Obviously, caching update statements in change buffer has two advantages: 1. Reducing disk I/O times and improving statement execution speed; 2. 2, reduce data page read memory, improve memory utilization;
3. Application scenarios
Of course, using Change Buffer will not improve performance in every situation.
Unique index or plain index?
For unique indexes, data pages need to be loaded into memory for each update to determine whether the uniqueness constraint is violated. However, for data pages already in memory, random read and write is no longer important, so there is no need to use change buffer cache update operation.
For ordinary indexes, because the data page does not need to determine unique constraints in memory, update operations can be cached, reducing the number of random I/OS to disk.
Is plain index ok?
If the business scenario is one that needs to be read immediately after being written, is change Buffer still advantageous?

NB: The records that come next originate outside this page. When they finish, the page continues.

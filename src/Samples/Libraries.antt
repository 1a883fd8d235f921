-- ===== src/Samples/Libraries.antt =====
-- Concrete libraries for the tests of the API: a cursor codec that counts in strokes, a bucket that
-- never refills, predicates that hold, and a source of keys.
use inwheel_api.Common.{
  ℕ, zero, suc, ◌-◌, ◌≤◌, arith, String, ◌==◌, ◌≡◌, refl, ap, true, false, not, none, some, [], ◌∷◌,
  ltb,
}
use inwheel_api.Common.Result.{ok}
use inwheel_api.Float64.{Float64, le, is_nan, rank}
use inwheel_api.Pagination.{Codec, split_bar}
use inwheel_api.Pagination.Cursor.{IsLawful}
use inwheel_api.Middleware.RateLimiter.{Rate, RateLimiter}
use inwheel_api.Middleware.RateLimiter.Buckets.{IsUsed, new, taken, IsTokenBucket, answers}
use inwheel_api.Api.Listing.{Predicates}
use inwheel_api.Api.Keys.{ApiKey, KeyState, Outside}

abbrev pub strokes : ℕ → String
strokes zero = ""
strokes (suc n) = String.◌∷◌ "i" (strokes n)

abbrev pub count_strokes : String → ℕ
count_strokes String.[] = 0
count_strokes (String.◌∷◌ c s) = suc (count_strokes s)

abbrev pub codec : Codec
codec = record {
  encode_base64 = λ s. s;
  decode_base64 = λ s. some s;
  format_time = strokes;
  parse_time = λ s. some (count_strokes s);
  is_uuid = λ s. not (s == "");
}

count_strokes-strokes : (n : ℕ) → count_strokes (strokes n) ≡ n
count_strokes-strokes zero = refl
count_strokes-strokes (suc n) = ap suc (count_strokes-strokes n)

split_bar-strokes : (n : ℕ) → split_bar (strokes n) ≡ none
unfolding split_bar
split_bar-strokes zero = refl
split_bar-strokes (suc n) = rw (split_bar-strokes n) refl

pub codec-IsLawful : IsLawful codec
codec-IsLawful = record {
  decode_base64-encode_base64 = λ s. refl;
  parse_time-format_time = λ t h. ap some (count_strokes-strokes t);
  no_bar = split_bar-strokes;
}

abbrev pub predicates : Predicates
predicates = record {
  within = λ a b c d e. true;
  in_envelope = λ a b c d e f. true;
  ilike = λ name pattern. true;
}

-- The bucket is the number of tokens that are left.
abbrev pub rate : Rate ℕ
rate = record {
  new_limiter = λ r b. b;
  take_token = λ t v. (ltb 0 v, v - 1);
  tokens = λ t v. v;
  of_burst = λ b. b;
}

-- There are never more tokens than at the start.
IsUsed-le : (r : Float64) (v : ℕ) → IsUsed rate r 2 v → v ≤ 2
IsUsed-le r v new = omega arith
IsUsed-le r v (taken t w u) = omega (arith, IsUsed-le r w u)

full : (v : ℕ) → v ≤ 2 → le 2 v ≡ true → v ≡ 2
unfolding le is_nan rank
full zero h e = cc
full (suc zero) h e = cc
full (suc (suc v)) h e = omega (arith, h)

pub rate-IsTokenBucket : (r : Float64) → IsTokenBucket rate r 2
rate-IsTokenBucket r t v u h ts s = ap (answers rate ts) (full v (IsUsed-le r v u) h)

abbrev pub limiter : RateLimiter ℕ
limiter = record { limiters = λ k. none; r = 0; b = 2 }

abbrev pub outside : Outside
outside = record {
  sha256_hex = λ s. s;
  random_hex = λ n. ok "00";
  fails = λ n. false;
  gen_random_uuid = λ n. "k2";
  quote = λ s. s;
}

abbrev pub key_row : ApiKey
key_row = record {
  id = "k1";
  email = "a@b.org";
  key_hash = "iwk_ff";
  created_at = 1;
  revoked_at = none;
}

abbrev pub key_state : KeyState ℕ
key_state = record {
  api_keys = key_row ∷ [];
  statements = 0;
  generated = 0;
  reg_limiter = limiter;
  key_limiter = limiter;
}
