-- ===== src/Api/Tests.antt =====
-- The theorems of the API at concrete requests.
use Prim.Native.String
use inwheel_api.Common.{
  ℕ, ◌≤◌, String, eq_iff, ◌≡◌, ◌≢◌, refl, inl, Bool, true, false, none, some, List, [], ◌∷◌, All,
  keep, length, arith,
}
use inwheel_api.Common.Result.{ok}
use inwheel_api.Models.{Place}
use inwheel_api.Pagination.{encode, decode}
use inwheel_api.Validation.{email, places_query, count_non_nil_floats}
use inwheel_api.Common.Text.Order.{str_lt}
use inwheel_api.Validation.Email.{email_regex}
use inwheel_api.Validation.Accepts.{IsListable}
use inwheel_api.Api.Listing.{
  ListParams, list_places, cut, insert_row, area_test, order_rows, selected, trimmed,
  escape_like_pattern,
}
use inwheel_api.Api.Listing.Order.{IsDistinct}
use inwheel_api.Api.Listing.Pages.{IsRow, collect, list_places-collect}
use inwheel_api.Api.Listing.Escape.{
  literal, any_many, read_pattern, escape_like_pattern-read_pattern,
}
use inwheel_api.Profiles.{row}
use inwheel_api.Middleware.RateLimiter.{allow}
use inwheel_api.Api.Keys.{
  ApiKey, KeyState, created, revoked, authenticated, is_active, first_key, has_hash, has_email,
  register, revoke_key, authenticate,
}
use inwheel_api.Api.Keys.Table.{IsKeyTable, register-Steps, handlers-IsKeyTable}
use inwheel_api.Api.Keys.Lifecycle.{register-authenticate, revoke_key-authenticate}
use inwheel_api.Samples.{cafe}
use inwheel_api.Samples.Libraries.{codec, codec-IsLawful, predicates, rate, outside, key_state}

-- all places, one at a time
abbrev params : ListParams
params = record {
  query = record {
    lng = none;
    lat = none;
    radius = none;
    min_lng = none;
    min_lat = none;
    max_lng = none;
    max_lat = none;
    cursor = none;
    q = none;
  };
  limit = some 1;
}

abbrev rows : List Place
rows =
    record cafe { id = "b"; updated_at = 1000 } ∷ record cafe { id = "a"; updated_at = 1000 } ∷ []

query_IsListable : IsListable codec (trimmed codec predicates params.query)
query_IsListable = record {
  circle = inl (refl, refl, refl);
  box = inl (refl, refl, refl, refl);
  one_area = inl refl;
  ordered_lng = λ a b e k. cc;
  ordered_lat = λ a b e k. cc;
  cursor = λ c e. absurd cc;
  q = λ s e. cc;
}

rows-IsRow : All (IsRow codec) rows
rows-IsRow = ((omega arith, omega arith, refl), ((omega arith, omega arith, refl), tt))

rows-IsDistinct : IsDistinct rows
rows-IsDistinct = ((not_same, tt), (tt, tt))
  where
    names : String × String
    names = ("b", "a")

    not_same : names.0 ≢ names.1
    not_same e = let x : false ≡ true = (eq_iff names.0 names.1).1 e in absurd cc

list_places-collect_example :
    (area : Place → Bool) × (area_test codec predicates (trimmed codec predicates params.query)
      ≡ some area)
    × (collect codec predicates 3 rows params
        ≡ some (
            order_rows
              (keep (selected codec predicates (trimmed codec predicates params.query) area) rows)))
list_places-collect_example =
    list_places-collect codec predicates codec-IsLawful params rows 0 query_IsListable refl refl
      rows-IsDistinct rows-IsRow

-- the two pages, in the order of the ids
two_pages :
    collect codec predicates 3 rows params
    ≡ some (
        record cafe { id = "a"; updated_at = 1000 }
        ∷ record cafe { id = "b"; updated_at = 1000 }
        ∷ [])
unfolding collect list_places places_query count_non_nil_floats area_test cut order_rows selected
    insert_row str_lt decode encode
two_pages = refl

escape_like_pattern-read_pattern_example :
    read_pattern false (String.◌++◌ "%" (String.◌++◌ (escape_like_pattern "5%") "%"))
    ≡ some (any_many ∷ literal "5" ∷ literal "%" ∷ any_many ∷ [])
escape_like_pattern-read_pattern_example = escape_like_pattern-read_pattern "5%"

-- the key is revoked, and then a key is registered
abbrev revoked_state : KeyState ℕ
revoked_state = (revoke_key rate outside 5 (some "iwk_ff") key_state).1

was_revoked : (revoke_key rate outside 5 (some "iwk_ff") key_state).0 ≡ ok revoked
unfolding revoke_key has_hash is_active
was_revoked = refl

was_allowed :
    (allow rate 7 "iwk_00"
      (register rate outside 6 (some "10.0.0.1") "c@d.org" key_state).1.key_limiter).0
    ≡ true
unfolding register allow email email_regex
was_allowed = refl

revoke_key-authenticate_example :
    (authenticate rate outside 9 "ApiKeyAuth" "iwk_ff"
      (register rate outside 6 none "c@d.org" revoked_state).1).0
    ≢ authenticated "k1"
revoke_key-authenticate_example =
    revoke_key-authenticate rate outside 5 9 "ApiKeyAuth" "iwk_ff" key_state
      (register rate outside 6 none "c@d.org" revoked_state).1 was_revoked
      (register-Steps rate outside 6 none "c@d.org" revoked_state) "k1"

was_registered :
    (register rate outside 6 (some "10.0.0.1") "c@d.org" key_state).0
    ≡ ok (created "iwk_00" 6 "c@d.org")
unfolding register allow email email_regex
was_registered = refl

register-authenticate_example :
    (◌≡◌ {A = String} "c@d.org" "c@d.org")
    × (◌≡◌ {A = ℕ} 6 6)
    × (k : ApiKey) × (first_key
          (has_hash "iwk_00")
          (register rate outside 6 (some "10.0.0.1") "c@d.org" key_state).1.api_keys
        ≡ row k)
    × (k.email ≡ "c@d.org")
    × (k.created_at ≡ 6)
    × ((authenticate rate outside 7 "ApiKeyAuth" "iwk_00"
          (register rate outside 6 (some "10.0.0.1") "c@d.org" key_state).1).0
        ≡ authenticated k.id)
register-authenticate_example =
    register-authenticate rate outside 6 7 (some "10.0.0.1") "c@d.org" "iwk_00" 6 "c@d.org"
      key_state was_registered was_allowed refl

handlers-IsKeyTable_example :
    IsKeyTable (register rate outside 6 none "a@b.org" key_state).1.api_keys
    × IsKeyTable (revoke_key rate outside 6 (some "iwk_ff") key_state).1.api_keys
    × IsKeyTable (authenticate rate outside 6 "ApiKeyAuth" "iwk_ff" key_state).1.api_keys
    × ((x : String)
        → (length (keep (has_email x) key_state.api_keys) ≤ 1)
          × (length (keep (has_hash x) key_state.api_keys) ≤ 1))
handlers-IsKeyTable_example =
    handlers-IsKeyTable rate outside 6 none "a@b.org" "ApiKeyAuth" "iwk_ff" key_state (refl, tt)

The merge process is triggered immediately after the change Buffer is written. In this case, the number of random DISK I/OS does not decrease and even increases the maintenance cost of The Change Buffer.
In other words, change Buffer is suitable for scenarios with more writes and less reads, so that more update operations can be cached before the next merge, which is more profitable. Common examples of this business model are billing, logging, and other systems.
Change buffer and redo log
Redo log is the core of WAL, which improves performance by reducing the amount of I/O consumed by random writes to disk. The change buffer reduces the I/O consumption of random reads to disk.